[Supplied data]
◇ ◇ ◇ ◇
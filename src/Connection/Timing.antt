-- ===== src/Connection/Timing.antt =====
-- src/connection.rs: the tests of the times against the times themselves.
use netconnpool_rust.Base.{ℕ, ◌-◌, ◌<◌, ◌≡◌, ◌↔◌, true, false, some, arith}
use netconnpool_rust.Connection.{
  Connection, is_leaked, get_leaked_duration, is_idle_expired, idle_time, is_expired, age,
  now_nanos,
}
use netconnpool_rust.Net.{Moment}

-- A connection is leaked exactly if the timeout is not zero and the time that `get_leaked_duration`
-- reports exceeds it.
pub is_leaked_iff :
    (m : Moment) (leak_timeout : ℕ) (c : Connection)
    → (is_leaked m leak_timeout c ≡ true)
      ↔ ((0 < leak_timeout) × ((d : ℕ) × (get_leaked_duration m c ≡ some d) × (leak_timeout < d)))
unfolding is_leaked get_leaked_duration
is_leaked_iff m leak_timeout c = (
  (λ h. (ground arith, (now_nanos m - c.last_used_at, ground arith, ground arith))),
  (λ h. ground arith),
)

-- A connection is beyond its idle time exactly if the timeout is not zero, the connection is not in
-- use, and the time that `idle_time` reports exceeds the timeout; it is beyond its lifetime exactly if
-- the lifetime is not zero and less than its age.
is_idle_expired_iff :
    (m : Moment) (limit : ℕ) (c : Connection)
    → ((is_idle_expired m limit c ≡ true)
        ↔ ((0 < limit) × (c.in_use ≡ false) × (limit < idle_time m c)))
      × ((is_expired m limit c ≡ true) ↔ ((0 < limit) × (limit < age m c)))
unfolding is_idle_expired idle_time is_expired age
is_idle_expired_iff m limit c =
    (((λ h. ground arith), (λ h. ground arith)), ((λ h. ground arith), (λ h. ground arith)))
◇ ◇ ◇ ◇
[Exercise prompt]
Reproduce the listing shown above in its entirety, exactly.

[Written solution]
filename src/Connection/Timing.antt
-- ===== src/Connection/Timing.antt =====
-- src/connection.rs: the tests of the times against the times themselves.
use netconnpool_rust.Base.{ℕ, ◌-◌, ◌<◌, ◌≡◌, ◌↔◌, true, false, some, arith}
use netconnpool_rust.Connection.{
  Connection, is_leaked, get_leaked_duration, is_idle_expired, idle_time, is_expired, age,
  now_nanos,
}
use netconnpool_rust.Net.{Moment}

-- A connection is leaked exactly if the timeout is not zero and the time that `get_leaked_duration`
-- reports exceeds it.
pub is_leaked_iff :
    (m : Moment) (leak_timeout : ℕ) (c : Connection)
    → (is_leaked m leak_timeout c ≡ true)
      ↔ ((0 < leak_timeout) × ((d : ℕ) × (get_leaked_duration m c ≡ some d) × (leak_timeout < d)))
unfolding is_leaked get_leaked_duration
is_leaked_iff m leak_timeout c = (
  (λ h. (ground arith, (now_nanos m - c.last_used_at, ground arith, ground arith))),
  (λ h. ground arith),
)

-- A connection is beyond its idle time exactly if the timeout is not zero, the connection is not in
-- use, and the time that `idle_time` reports exceeds the timeout; it is beyond its lifetime exactly if
-- the lifetime is not zero and less than its age.
is_idle_expired_iff :
    (m : Moment) (limit : ℕ) (c : Connection)
    → ((is_idle_expired m limit c ≡ true)
        ↔ ((0 < limit) × (c.in_use ≡ false) × (limit < idle_time m c)))
      × ((is_expired m limit c ≡ true) ↔ ((0 < limit) × (limit < age m c)))
unfolding is_idle_expired idle_time is_expired age
is_idle_expired_iff m limit c =
    (((λ h. ground arith), (λ h. ground arith)), ((λ h. ground arith), (λ h. ground arith)))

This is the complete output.